Underneath, nobody owned the whole equation. Marketing owned ROAS. Ops owned shipping. Finance owned the autopsy. Contribution margin per order, the number that decides whether scale helps or hurts, belonged to no one.
THE WHOLE STORY, ONE CHART
Revenue scaled.The losses became profit.
Net sales and net profit, 2019 to 2025. The business was bigger but bleeding before I joined. We bottomed it out, then rebuilt it bigger and profitable.
Took a declining, unprofitable business to $30M in revenue, profitable at ~10% margin, in three years.
Move one: profitable before bigger
We froze the growth-first instinct and rebuilt contribution margin per order: pricing, offer structure, and the checkout economics I've written up since in bundle builder vs post-purchase and the Apple Pay trap. And we cut the spend that was buying unprofitable revenue, knowing the topline would feel it.
2023 closed at $5.5M, barely bigger than the year before. The P&L swung from a $1.6M loss to a $300K profit. A small number with a huge meaning: the machine worked.
Move two: retention as the growth budget
Once each order carried real margin, repeat behavior became the engine. When you know what a customer is worth over twelve months, with contribution behind every dollar of it, you know exactly what you can afford to pay for the next one. CAC ceilings came from our own LTV curves, not category benchmarks. Acquisition stopped being a bet and became arithmetic.
Move three: an operating system, not heroics
Turnarounds run on adrenaline. Staying turned around runs on cadence. We installed EOS: a scorecard with one owner per number, 90-day priorities, a weekly meeting rhythm that surfaces issues while they're cheap.

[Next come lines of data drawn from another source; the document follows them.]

-- ===== src/File/Apply.antt =====
-- `Apply` of pkg/exec/file.go, one definition for each case of its switch.
pub mod Consistent
pub mod Honest
use sophons.Base.{
  is_some, ℕ, ◌<◌, String, str_eq, Bool, true, false, not, ◌&&◌, ◌||◌, Option, none, some, List,
  ltb, if◌then◌else◌,
}
use sophons.Base.Int.{ℤ}
use sophons.Base.Number.{format_octal}
use sophons.Base.Action.{
  Error, message, is_not_exist, Outcome, ok, err, panic, Action, wrapping, ◌>>=◌, ◌>>◌, pure, each,
  raise,
}
use sophons.Os.{Os, FileInfo, StatT, WalkEntry}
use sophons.Util.{get_uid, get_gid}
use sophons.Util.Mode.{ModeArg, absent, apply_mode_and_ids}
use sophons.Result.{
  State, mark_changed, mark_skipped, set_extra, fail, query, observe, call, checked, run,
  CommonResult,
}
use sophons.File.{
  File, FileResult, empty_file_result, mode_value, file_absent, file_directory, file_file,
  file_hard, file_link, file_touch,
}
use sophons.File.Attributes.{needs_change, sys_of}

module _ (os : Os) where
  abbrev pub Task : Type 0 → Type 0
  Task A = Action (State os.World FileResult) A

  abbrev pub set_changed : Bool → Task (Unit {0})
  set_changed b = set_extra (λ r. record r { changed = b })

  abbrev pub set_path : String → Task (Unit {0})
  set_path p = set_extra (λ r. record r { path = p })

  abbrev pub set_dest : String → Task (Unit {0})
  set_dest p = set_extra (λ r. record r { dest = p })

  abbrev pub set_state : String → Task (Unit {0})
  set_state p = set_extra (λ r. record r { state = p })

  abbrev existing : Outcome FileInfo → Outcome Bool
  existing (ok info) = ok true
  existing (err e) = if is_not_exist e then ok false else err e
  existing panic = panic

  unfoldable pub exists : String → os.World → Outcome Bool
  exists path w = existing (os.lstat path w)

  -- if needsUpdate { changed = true; ApplyModeAndIDs }
  unfoldable pub mark_and_update : String → ModeArg → ℤ → ℤ → Task (Unit {0})
  mark_and_update path mode uid gid = do
    needs ← checked (query (needs_change os path mode uid gid))
    if needs
        then (do
          set_changed true
          checked (
              wrapping "couldn't apply mode and IDs"
                (call (apply_mode_and_ids os path mode uid gid))))
        else pure tt

  -- if needsUpdate { ApplyModeAndIDs; changed = true }
  unfoldable pub update_and_mark : String → ModeArg → ℤ → ℤ → Task (Unit {0})
  update_and_mark path mode uid gid = do
    needs ← checked (query (needs_change os path mode uid gid))
    if needs
        then (do
          checked (
              wrapping "couldn't apply mode and IDs"
                (call (apply_mode_and_ids os path mode uid gid)))
          set_changed true)
        else pure tt

  abbrev pub visit_with : ModeArg → ℤ → ℤ → WalkEntry → Option Error → Task (Unit {0})
  visit_with mode uid gid entry (some e) = raise e
  visit_with mode uid gid entry none =
      if entry.symlink
      then (do
        needs ← query (needs_change os entry.path absent uid gid)
        if needs then (do set_changed true; call (os.lchown entry.path uid gid)) else pure tt)
      else (do
        needs ← query (needs_change os entry.path mode uid gid)
        if needs
            then (do set_changed true; call (apply_mode_and_ids os entry.path mode uid gid))
            else pure tt)

  -- The callback of filepath.WalkDir. A symbolic link gets no mode, and its own ids.
  unfoldable pub visit : ModeArg → ℤ → ℤ → WalkEntry → Task (Unit {0})
  visit mode uid gid entry = visit_with mode uid gid entry entry.error

  unfoldable pub walk : String → (WalkEntry → Task (Unit {0})) → Task (Unit {0})
  walk path fn s = each fn (os.walk_dir path s.world) s

  module _ (f : File) where
    unfoldable pub apply_absent : Bool → Task (Unit {0})
    apply_absent found = do
      set_path f.path
      set_state file_absent
      if found then (do checked (call (os.remove_all f.path)); mark_changed) else pure tt

    unfoldable pub make_directory : Bool → Task (Unit {0})
    make_directory found = do
      set_path f.path
      checked (call (os.mkdir_all f.path 0o755))
      set_changed (not found)

    unfoldable pub update_directory : ℤ → ℤ → Task (Unit {0})
    update_directory uid gid =
        if f.recurse
        then checked (walk f.path (visit (mode_value f) uid gid))
        else mark_and_update f.path (mode_value f) uid gid

    unfoldable pub link_to_src : Bool → Task (Unit {0})
    link_to_src found =
        if not found then (do checked (call (os.symlink f.src f.path)); set_changed true) else (do
          existing_src ← checked (query (os.readlink f.path))
          if not (str_eq existing_src f.src)
              then (do
                checked (call (os.remove f.path))
                checked (call (os.symlink f.src f.path))
                set_changed true)
              else pure tt)

    abbrev pub follows : Bool
    follows = elim f.follow [ none ↦ true | some b ↦ b ]

    unfoldable pub apply_link : Bool → ℤ → ℤ → Task (Unit {0})
    apply_link found uid gid = do
      set_dest f.path
      link_to_src found
      if follows then update_and_mark f.path (mode_value f) uid gid else pure tt

    unfoldable pub create_missing : Bool → Task (Unit {0})
    create_missing found =
        if not found
        then (do checked (wrapping "failed to create" (call (os.create f.path))); set_changed true)
        else pure tt

    unfoldable pub apply_touch : Bool → ℤ → ℤ → Task (Unit {0})
    apply_touch found uid gid = do
      set_dest f.path
      create_missing found
      update_and_mark f.path (mode_value f) uid gid

    -- The state that the result reports.
    unfoldable pub state_of : FileInfo → StatT → String
    state_of info st =
        if info.is_symlink
        then file_link
        else if info.is_dir
        then file_directory
        else if ltb 1 st.nlink
        then file_hard
        else file_file

    abbrev name_or_empty : Outcome String → String
    name_or_empty (ok name) = name
    name_or_empty (err e) = ""
    name_or_empty panic = ""

    -- What follows the switch. `finish_steps` is given the variable `changed`.
    unfoldable pub later_steps : Task (Unit {0})
    later_steps = do
      info ← checked (wrapping "failed to stat" (query (os.lstat f.path)))
      set_extra (λ r. record r { mode = format_octal info.perm })
      st ← checked (query (λ w. sys_of info.sys))
      set_state (state_of info st)
      set_extra (λ r. record r { uid = st.uid; gid = st.gid; size = st.size })
      owner ← observe (λ w. name_or_empty (os.user_name st.uid w))
      set_extra (λ r. record r { owner = owner })
      group ← observe (λ w. name_or_empty (os.group_name st.gid w))
      set_extra (λ r. record r { group = group })

    unfoldable pub finish_steps : Bool → Task (Unit {0})
    finish_steps changed = do if changed then mark_changed else pure tt; later_steps

    unfoldable pub finish : Task (Unit {0})
    unfolding finish_steps
    finish s = finish_steps s.extra.changed s

    unfoldable pub apply_directory : Bool → ℤ → ℤ → Task (Unit {0})
    unfolding make_directory update_directory
    apply_directory found uid gid = do make_directory found; update_directory uid gid; finish

    -- Without attributes Apply returns inside the switch.
    unfoldable pub apply_file : Bool → ℤ → ℤ → Task (Unit {0})
    apply_file found uid gid = do
      set_path f.path
      if not found
          then fail (message "file does not exist")
          else if not (is_some f.mode) && str_eq f.owner "" && str_eq f.group ""
          then mark_skipped
          else (do mark_and_update f.path (mode_value f) uid gid; finish)

    abbrev pub actual_state : Bool → String
    actual_state found =
        if str_eq f.state ""
        then (if not found then (if f.recurse then file_directory else file_file) else f.state)
        else f.state

    unfoldable pub dispatch : String → Bool → ℤ → ℤ → Task (Unit {0})
    dispatch state found uid gid =
        if str_eq state file_absent
        then apply_absent found
        else if str_eq state file_directory
        then apply_directory found uid gid
        else if str_eq state file_file
        then apply_file found uid gid
        else if str_eq state file_hard
        then (do set_dest f.path; fail (message "not implemented"))
        else if str_eq state file_link
        then (do apply_link found uid gid; finish)
        else if str_eq state file_touch
        then (do apply_touch found uid gid; finish)
        else fail (message "unsupported state parameter")

    unfoldable pub apply_body : Task (Unit {0})
    apply_body = do
      found ← checked (query (exists f.path))
      uid ← checked (query (get_uid os f.owner))
      gid ← checked (query (get_gid os f.group))
      dispatch (actual_state found) found uid gid

    unfoldable pub apply : os.World → Outcome (Unit {0}) × State os.World FileResult
    unfolding apply_body
    apply w = run apply_body empty_file_result w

I went from consultant to Head of Marketing to GM running the company day to day as the Integrator. The boring machinery is exactly what makes growth boringly consistent.
Then, and only then, scale
2024: $18.8M, $2.8M of profit. 2025: $30M, $3M of profit, roughly a 10% net margin. Same playbook as the $5.5M year, just with volume poured into economics that deserved it.
Growth multiplies your economics. Earn the right to grow before you pay for it.
Run the order on your own brand
- Get contribution margin per order, fully loaded, before any scale plans.
- Find the revenue you're paying to lose. Cut it even when topline shrinks.
- Set CAC ceilings from your real LTV curves, not category benchmarks.
- Install a cadence: a scorecard, 90-day priorities, one owner per number.
- Scale only what's already profitable at small volume.
QUESTIONS
Asked and answered.
How do you turn around an unprofitable DTC brand?
In this order: stabilize unit economics at your current size, then grow. Get contribution margin per order positive, fully loaded. Cut the revenue you're paying to lose, even if topline shrinks. Rebuild CAC ceilings from your real LTV curves instead of category benchmarks. Install an operating cadence with one owner per number. In our case the brand's first profitable year came at just $5.5M in revenue. The growth to $30M came after, and only because the economics already worked.
How long does a DTC turnaround take?
Ours took roughly a year to the first profitable P&L, and three years to $30M. Margin moves show up fast: pricing, offer structure, and cutting unprofitable spend can swing contribution within two or three quarters. Durable growth takes longer because it has to be rebuilt on top of fixed economics. Be suspicious of turnarounds that promise growth first and profit later. That order is how the brand got sick.
Should a struggling DTC brand cut marketing spend?
Cut the spend that buys unprofitable revenue, keep the spend that clears contribution margin. Blanket cuts and blanket scaling are the same mistake: neither one looks at which orders actually make money. Segment spend by what it returns after product, shipping, and acquisition costs. In our turnaround, revenue fell while we did this, from $9.1M at the peak to about $5M, and the business got healthier the whole way down.